- [Task instructions] The line containing "-- How the parts" marks the end, so write out exactly every line from the top of the entries below through that one.

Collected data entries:
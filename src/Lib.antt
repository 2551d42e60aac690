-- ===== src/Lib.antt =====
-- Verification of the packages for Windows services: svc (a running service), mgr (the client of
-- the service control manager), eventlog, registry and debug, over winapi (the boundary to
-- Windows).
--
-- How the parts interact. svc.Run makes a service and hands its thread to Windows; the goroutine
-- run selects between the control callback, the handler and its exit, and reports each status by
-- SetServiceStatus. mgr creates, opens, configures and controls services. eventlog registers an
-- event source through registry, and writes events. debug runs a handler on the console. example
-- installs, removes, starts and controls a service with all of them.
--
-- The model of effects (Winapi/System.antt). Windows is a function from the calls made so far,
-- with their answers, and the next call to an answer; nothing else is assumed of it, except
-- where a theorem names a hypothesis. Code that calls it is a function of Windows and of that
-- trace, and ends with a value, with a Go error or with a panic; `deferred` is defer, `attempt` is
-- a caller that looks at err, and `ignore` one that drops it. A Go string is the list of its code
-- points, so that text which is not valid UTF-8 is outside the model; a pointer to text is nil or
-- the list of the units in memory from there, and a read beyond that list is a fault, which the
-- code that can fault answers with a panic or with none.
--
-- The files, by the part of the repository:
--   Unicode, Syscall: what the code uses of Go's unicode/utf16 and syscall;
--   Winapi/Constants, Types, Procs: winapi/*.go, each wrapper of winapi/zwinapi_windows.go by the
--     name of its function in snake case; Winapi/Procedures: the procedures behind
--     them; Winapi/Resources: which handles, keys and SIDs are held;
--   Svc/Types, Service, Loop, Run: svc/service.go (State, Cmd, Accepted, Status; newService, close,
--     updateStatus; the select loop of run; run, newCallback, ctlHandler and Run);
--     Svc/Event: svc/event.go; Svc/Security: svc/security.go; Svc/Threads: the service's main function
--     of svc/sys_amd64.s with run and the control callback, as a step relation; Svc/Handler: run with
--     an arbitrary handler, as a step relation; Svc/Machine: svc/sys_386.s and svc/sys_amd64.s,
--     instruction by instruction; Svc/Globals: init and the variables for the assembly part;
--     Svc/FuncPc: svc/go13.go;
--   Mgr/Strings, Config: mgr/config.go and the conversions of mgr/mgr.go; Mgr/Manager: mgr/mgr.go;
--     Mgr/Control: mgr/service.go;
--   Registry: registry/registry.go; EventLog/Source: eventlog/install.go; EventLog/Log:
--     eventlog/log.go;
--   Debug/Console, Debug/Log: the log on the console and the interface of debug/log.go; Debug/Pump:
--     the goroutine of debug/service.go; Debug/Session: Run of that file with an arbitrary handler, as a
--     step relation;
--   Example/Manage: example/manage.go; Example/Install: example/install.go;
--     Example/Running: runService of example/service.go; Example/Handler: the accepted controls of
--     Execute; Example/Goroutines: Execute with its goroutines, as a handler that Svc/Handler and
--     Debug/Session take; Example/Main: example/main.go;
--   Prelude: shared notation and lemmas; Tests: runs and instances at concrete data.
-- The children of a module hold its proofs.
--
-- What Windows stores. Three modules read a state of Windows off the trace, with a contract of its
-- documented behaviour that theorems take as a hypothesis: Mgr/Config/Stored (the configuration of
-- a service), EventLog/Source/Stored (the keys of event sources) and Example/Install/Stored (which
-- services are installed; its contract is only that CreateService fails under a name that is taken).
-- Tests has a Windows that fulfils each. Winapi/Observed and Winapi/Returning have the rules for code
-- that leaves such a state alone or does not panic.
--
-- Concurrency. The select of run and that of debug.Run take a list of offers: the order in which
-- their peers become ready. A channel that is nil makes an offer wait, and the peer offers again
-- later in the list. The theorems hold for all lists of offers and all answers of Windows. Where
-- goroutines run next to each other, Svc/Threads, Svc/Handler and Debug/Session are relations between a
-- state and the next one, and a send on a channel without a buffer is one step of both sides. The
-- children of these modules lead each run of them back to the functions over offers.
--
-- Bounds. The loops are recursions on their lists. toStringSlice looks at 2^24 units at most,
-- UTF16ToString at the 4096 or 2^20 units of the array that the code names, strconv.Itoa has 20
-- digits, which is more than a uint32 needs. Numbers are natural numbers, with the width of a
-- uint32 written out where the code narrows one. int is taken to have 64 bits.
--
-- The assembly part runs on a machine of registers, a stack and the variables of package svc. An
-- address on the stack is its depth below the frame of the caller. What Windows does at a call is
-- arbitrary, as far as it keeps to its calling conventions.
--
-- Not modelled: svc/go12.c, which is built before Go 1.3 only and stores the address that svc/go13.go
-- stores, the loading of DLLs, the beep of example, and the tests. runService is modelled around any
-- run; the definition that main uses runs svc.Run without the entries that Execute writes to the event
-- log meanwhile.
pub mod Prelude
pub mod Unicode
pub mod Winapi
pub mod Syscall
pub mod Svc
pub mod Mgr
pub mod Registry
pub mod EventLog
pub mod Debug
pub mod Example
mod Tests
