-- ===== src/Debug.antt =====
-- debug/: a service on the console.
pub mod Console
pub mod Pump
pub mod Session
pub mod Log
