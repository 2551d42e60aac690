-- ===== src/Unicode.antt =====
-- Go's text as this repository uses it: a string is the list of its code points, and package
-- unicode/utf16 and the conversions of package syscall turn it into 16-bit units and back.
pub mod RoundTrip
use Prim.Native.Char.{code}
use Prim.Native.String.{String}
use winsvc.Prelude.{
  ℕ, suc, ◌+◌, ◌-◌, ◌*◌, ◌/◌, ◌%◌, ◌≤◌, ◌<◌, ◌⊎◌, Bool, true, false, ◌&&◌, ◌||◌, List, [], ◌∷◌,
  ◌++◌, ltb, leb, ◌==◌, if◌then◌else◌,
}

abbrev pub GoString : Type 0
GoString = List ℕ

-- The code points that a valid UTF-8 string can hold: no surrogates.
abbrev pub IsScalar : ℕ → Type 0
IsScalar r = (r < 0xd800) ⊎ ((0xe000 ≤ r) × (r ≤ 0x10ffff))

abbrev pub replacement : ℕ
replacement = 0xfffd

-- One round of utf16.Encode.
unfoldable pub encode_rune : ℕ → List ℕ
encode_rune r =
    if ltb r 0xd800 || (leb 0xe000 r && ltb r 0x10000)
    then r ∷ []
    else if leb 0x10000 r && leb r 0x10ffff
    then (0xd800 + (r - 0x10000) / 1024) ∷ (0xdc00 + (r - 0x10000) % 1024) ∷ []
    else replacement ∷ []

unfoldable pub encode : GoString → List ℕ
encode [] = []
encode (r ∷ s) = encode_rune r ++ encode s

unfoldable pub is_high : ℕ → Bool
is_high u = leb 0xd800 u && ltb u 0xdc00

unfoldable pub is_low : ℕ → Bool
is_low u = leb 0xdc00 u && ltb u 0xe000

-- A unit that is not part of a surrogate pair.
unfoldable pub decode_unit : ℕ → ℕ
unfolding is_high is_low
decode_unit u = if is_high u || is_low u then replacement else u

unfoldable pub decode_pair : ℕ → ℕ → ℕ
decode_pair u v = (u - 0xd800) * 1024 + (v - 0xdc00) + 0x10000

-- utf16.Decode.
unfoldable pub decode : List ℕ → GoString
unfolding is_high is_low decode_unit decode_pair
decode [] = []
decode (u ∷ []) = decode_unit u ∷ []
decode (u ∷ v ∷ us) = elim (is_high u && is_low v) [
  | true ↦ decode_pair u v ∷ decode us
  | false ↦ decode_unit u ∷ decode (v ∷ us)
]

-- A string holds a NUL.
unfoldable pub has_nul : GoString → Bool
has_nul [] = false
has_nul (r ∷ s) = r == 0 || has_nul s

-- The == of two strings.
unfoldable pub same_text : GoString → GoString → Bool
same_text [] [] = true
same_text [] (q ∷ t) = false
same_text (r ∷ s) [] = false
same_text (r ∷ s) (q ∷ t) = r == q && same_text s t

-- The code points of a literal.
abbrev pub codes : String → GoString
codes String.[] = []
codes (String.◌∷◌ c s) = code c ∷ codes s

- [Result for this exercise]
filename src/Lib.antt
repository 2551d42e60aac690
-- ===== src/Lib.antt =====
-- Verification of the packages for Windows services: svc (a running service), mgr (the client of
-- the service control manager), eventlog, registry and debug, over winapi (the boundary to
-- Windows).
--
-- How the parts interact. svc.Run makes a service and hands its thread to Windows; the goroutine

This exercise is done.